A: These are familiar problems. There is no point in listing and repeating them, but they are probably unsolvable in the context of a global capitalist economy that demands constant self-expansion, which it cannot sustain, obsessed with growth rates and profitability. Capitalism is the most successful and attractive, but also the most destructive and suicidal ideological-economic system. The main criticism of the existing system is that it actually behaves like a classic substance addict. It is aware that drugs are slowly killing it and harming everyone around, but it cannot help but continue to take them. It just wraps the drugs and the addiction in an ‘environmentally friendly’ packaging and pretends that this will solve the problem, even though it knows, of course, that it won’t work in reality. Capitalism will never change in principle, but if we do not want it to drag the whole thing into the abyss, we need to treat it as we treat a serious addict and – for our own benefit – help it to become less suicidal and force it to act in a socially responsible way whenever possible. Of course, this will not really save capitalism, nor us from it, but at least it will make us feel good.

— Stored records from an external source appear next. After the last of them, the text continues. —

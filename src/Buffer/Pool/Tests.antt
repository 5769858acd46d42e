-- ===== src/Buffer/Pool/Tests.antt =====
-- Witnesses, over the scheduler of the disk and a file in memory.
mod Sessions
use oxtub.Base.{
  ℕ, zero, suc, ◌≡◌, refl, ap, sym, subst, ◌∙◌, ◌≢◌, inl, inr, Bool, true, false, none, some, List,
  [], ◌∷◌, arith, ◌==◌, if◌then◌else◌, length, get_elem?, Bool-cases, ==_refl, eq_of_==, usize_mod,
}
use mathlib.Core.Option.{some-injective}
use oxtub.Base.Assoc.{get}
use oxtub.Buffer.Pool.Defs.{
  BufferPool, BufferPoolError, FrameMeta, Page, new, drop_read, drop_write, delete_page, add_u32,
  acquire_frame_for_page_load, empty_frame, publish_loaded_page, new_page, unload_page, send_delete,
}
use oxtub.Buffer.Pool.Delete.{Deletes, delete_page-refines}
use oxtub.Buffer.Pool.Drops.{drop_read-refines, drop_write-refines}
use oxtub.Buffer.Pool.Frames.{held, release}
use oxtub.Buffer.Pool.Invariant.{PoolInv, FrameInv}
use oxtub.Buffer.Pool.Store.{DiskLaws}
use oxtub.Buffer.Pool.Views.{Bounds, view}
use oxtub.Buffer.Replacer.Defs.{record_access, set_evictable, LruKNode, LruKReplacer}
use oxtub.Buffer.Replacer.Invariant.{Inv, NodeInv}
use oxtub.Disk.Durable.{durable, stored, Good, delete_page-stored}
use oxtub.Disk.Manager.{DiskManager, FileOps, default_page_size}
use oxtub.Disk.Files.{Apart, FileLaws}
use oxtub.Disk.Scheduler.{Worker, delete_request, disk_scheduler}
use oxtub.Disk.Slots.{SlotsInv}

-- The size of a file, and what was written at each offset.
abbrev pub File : Type 0
File = ℕ × (ℕ → List ℕ)

abbrev pub replicate : ℕ → ℕ → List ℕ
replicate zero v = []
replicate (suc n) v = v ∷ replicate n v

length-replicate : (n v : ℕ) → length (replicate n v) ≡ n
length-replicate zero v = refl
length-replicate (suc n) v = omega (arith, length-replicate n v)

-- What is not a page reads as zeroes.
abbrev pub one_page : Bool → List ℕ → List ℕ
one_page true bytes = bytes
one_page false bytes = replicate default_page_size 0

abbrev pub page_of : List ℕ → List ℕ
page_of bytes = one_page (length bytes == default_page_size) bytes

length-page_of : (bytes : List ℕ) → length (page_of bytes) ≡ default_page_size
length-page_of bytes = elim (Bool-cases (length bytes == default_page_size)) [
  | inl e ↦ rw e (eq_of_== (length bytes) default_page_size e)
  | inr e ↦ rw e (length-replicate default_page_size 0)
]

page_of_page : (bytes : List ℕ) → length bytes ≡ default_page_size → page_of bytes ≡ bytes
page_of_page bytes e =
    ap (λ b. one_page b bytes) (ap (λ n. n == default_page_size) e ∙ ==_refl default_page_size)

abbrev pub write_file : ℕ → List ℕ → (ℕ → List ℕ) → ℕ → List ℕ
write_file off bytes m o = if off == o then bytes else m o

instance pub file_ops : FileOps File
file_ops = record {
  set_len = λ (_, m) n. (true, (n, m));
  read_at = λ (n, m) off. (some (page_of (m off)), (n, m));
  write_at = λ (n, m) off bytes. (true, (n, write_file off bytes m));
  flush = λ f. (true, f);
}

apart : (a b : ℕ) → Apart a b → (a == b) ≡ false
apart a b (inl h) = ground arith
apart a b (inr h) = ground arith

pub file-FileLaws : FileLaws File file_ops
unfolding file_ops
file-FileLaws = record {
  size = λ f. f.0;
  content = λ f off. page_of (f.1 off);
  set_len_works = λ f n. ((n, f.1), refl, refl, λ off _ _. refl);
  read_works = λ f off _. (f, refl, refl, λ o. refl);
  write_works = λ f off bytes full _. (
    (f.0, write_file off bytes f.1),
    refl,
    refl,
    rw (==_refl off) (page_of_page bytes full),
    λ o a. rw (apart off o a) refl,
  );
  flush_works = λ f. (f, refl, refl, λ o. refl);
}

pub file_pages : (f : File) (off : ℕ) → length (file-FileLaws.content f off) ≡ default_page_size
unfolding file-FileLaws
file_pages f off = length-page_of (f.1 off)

abbrev pub disk : DiskLaws (List ℕ) (Worker File) disk_scheduler
disk = durable file-FileLaws file_pages

abbrev pub ones : List ℕ
ones = replicate default_page_size 1

abbrev twos : List ℕ
twos = replicate default_page_size 2

-- Pages 3 and 9 are on disk, and a request to delete page 9 is on its way.
abbrev pub worker : Worker File
worker = record {
  channel = delete_request 9 ∷ [];
  disk_manager = record {
    db_file_handle = (139264, λ off. if off == 0 then ones else twos);
    page_capacity = 16;
    pages = (3, 0) ∷ (9, 8192) ∷ [];
    free_slots = [];
  };
}

slots : SlotsInv 16 ((3, 0) ∷ []) (8192 ∷ [])
slots = record {
  distinct = (refl, tt);
  room = omega arith;
  paged = λ i off h. ground arith;
  freed = ((refl, omega arith), tt);
  alone = λ i j off h h'. ground arith;
  not_free = λ i off h has. elim has [ inl e ↦ ground arith | inr none_there ↦ none_there ];
  no_repeat = ((λ has. has), tt);
}

pub worker-Good : Good file-FileLaws file_pages worker
unfolding file-FileLaws oxtub.Disk.Manager.delete_page
worker-Good = record { slots = slots; capacity = omega arith; long = omega arith }

-- One frame, which holds page 3: it was written and has a guard.
abbrev busy : BufferPool (List ℕ) (Worker File)
busy = record {
  page_table = (3, 0) ∷ [];
  frame_metas = record { page_id = some 3; pin_count = 1; is_dirty = true } ∷ [];
  free_list = [];
  replacer = record {
    nodes = (0, record { history = 1 ∷ []; is_evictable = false }) ∷ [];
    current_timestamp = 1;
    curr_size = 0;
    replacer_size = 1;
    k = 2;
  };
  next_page_id = 4;
  frames = record { page_id = some 3; bytes = twos } ∷ [];
  disk_scheduler = worker;
}

abbrev busy_meta : FrameMeta
busy_meta = record { page_id = some 3; pin_count = 1; is_dirty = true }

abbrev busy_node : LruKNode
busy_node = record { history = 1 ∷ []; is_evictable = false }

busy_frame :
    (f : ℕ) (m : FrameMeta) → get_elem? busy.frame_metas f ≡ some m → (0 ≡ f) × (busy_meta ≡ m)
busy_frame zero m h = (refl, some-injective busy_meta m h)
busy_frame (suc f) m h = absurd (cc h)

busy_page :
    (f : ℕ) (page : Page (List ℕ))
    → get_elem? busy.frames f ≡ some page
    → record { page_id = some 3; bytes = twos } ≡ page
busy_page zero page h = some-injective _ page h
busy_page (suc f) page h = absurd (cc h)

busy_table : (p f : ℕ) → get p busy.page_table ≡ some f → (3 ≡ p) × (0 ≡ f)
busy_table p f h = ground arith

busy_nodes : (f : ℕ) (n : LruKNode) → get f busy.replacer.nodes ≡ some n → (0 ≡ f) × (busy_node ≡ n)
busy_nodes f n h = elim (Bool-cases (0 == f)) [
  | inl e ↦ (eq_of_== 0 f e, some-injective busy_node n (sym (rw e refl) ∙ h))
  | inr e ↦ absurd (cc (rw e at h))
]

busy-Inv : Inv busy.replacer
busy-Inv = record {
  k_pos = omega arith;
  distinct = (refl, tt);
  frame = λ f n h. omega (arith, (busy_nodes f n h).0);
  node = λ f n h.
      subst (NodeInv 2 1) (busy_nodes f n h).1
        (record { used = omega arith; bounded = omega arith; past = (omega arith, tt) });
  apart = λ f g n m t ne h h' _ _. ne (sym (busy_nodes f n h).0 ∙ (busy_nodes g m h').0);
  counted = refl;
}

busy_FrameInv :
    (f : ℕ) (m : FrameMeta) (page : Page (List ℕ))
    → get_elem? busy.frame_metas f ≡ some m
    → get_elem? busy.frames f ≡ some page
    → FrameInv disk m.page_id m.pin_count m.is_dirty page.bytes (get f busy.replacer.nodes) worker
busy_FrameInv zero m page at at' =
    subst
      (λ (x : FrameMeta).
        FrameInv disk x.page_id x.pin_count x.is_dirty page.bytes (some busy_node) worker)
      (busy_frame zero m at).1
      (subst (λ (x : Page (List ℕ)). FrameInv disk (some 3) 1 true x.bytes (some busy_node) worker)
        (busy_page zero page at')
        (length-replicate default_page_size 2, (busy_node, refl, refl), λ clean. absurd (cc clean)))
busy_FrameInv (suc f) m page at at' = absurd (cc at)

busy-PoolInv : PoolInv disk busy (0 ∷ [])
busy-PoolInv = record {
  replacer = busy-Inv;
  metas_size = refl;
  frames_size = refl;
  distinct = (refl, tt);
  good = worker-Good;
  entry = λ p f h.
      let (e, e') = busy_table p f h in
      (busy_meta, subst (λ x. get_elem? busy.frame_metas x ≡ some busy_meta) e' refl, ap some e);
  back = λ p f m at id.
      let (e, e') = busy_frame f m at in
      let page_id : some 3 ≡ some p = ap FrameMeta.page_id e' ∙ id in
      subst (λ x. get p busy.page_table ≡ some x) e
        (subst (λ x. get x busy.page_table ≡ some 0) (some-injective 3 p page_id) refl);
  frame = busy_FrameInv;
  pins = λ f m at.
      let (e, e') = busy_frame f m at in
      sym (ap FrameMeta.pin_count e') ∙ subst (λ x. 1 ≡ held x (0 ∷ [])) e refl;
  guards = λ f h. ground arith;
  blank = λ f h. elim h [ ];
  unique = tt;
}

busy-Bounds : Bounds busy (0 ∷ [])
unfolding usize_mod
busy-Bounds = record { clock = omega arith; room = omega arith; guards = omega arith }

drop_read-refines_example :
    (t : BufferPool (List ℕ) (Worker File)) × (drop_read 0 busy ≡ some t)
    × PoolInv disk t (release 0 (0 ∷ []))
    × ((q : ℕ) → view disk t q ≡ view disk busy q)
drop_read-refines_example =
    drop_read-refines disk busy (0 ∷ []) 0 busy-PoolInv busy-Bounds (omega arith)

drop_write-refines_example :
    (t : BufferPool (List ℕ) (Worker File)) × (drop_write 0 ones busy ≡ some t)
    × PoolInv disk t (release 0 (0 ∷ []))
    × ((q : ℕ) → view disk t q ≡ (if 3 == q then some ones else view disk busy q))
drop_write-refines_example =
    drop_write-refines disk busy (0 ∷ []) 0 3 ones busy-PoolInv busy-Bounds (omega arith) refl
      (length-replicate default_page_size 1)

delete_page-refines_example : Deletes disk busy (0 ∷ []) 3 (delete_page disk_scheduler 3 busy)
delete_page-refines_example = delete_page-refines disk busy (0 ∷ []) 3 busy-PoolInv

delete_page-stored_example :
    Good file-FileLaws file_pages (disk_scheduler.delete_page 3 worker)
    × (stored file-FileLaws file_pages (disk_scheduler.delete_page 3 worker) 3 ≡ none)
    × ((q : ℕ)
        → 3 ≢ q
        → stored file-FileLaws file_pages (disk_scheduler.delete_page 3 worker) q
          ≡ stored file-FileLaws file_pages worker q)
delete_page-stored_example = delete_page-stored file-FileLaws file_pages worker 3 worker-Good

Q5 In conclusion, how would Laibach comment on contemporary mainstream economic policies in Europe and in the so-called Western societies? What do policy makers have to learn from Laibach?

A: We can’t really give complex economic advice because we’re not economics experts or policy makers. Nevertheless, we recommend to everyone to go slow and pay attention to communication. In an age of speed and overload of information and communication distractions this would be the only method that makes some sense, probably also within the mainstream economic policies. Go slow and take your time.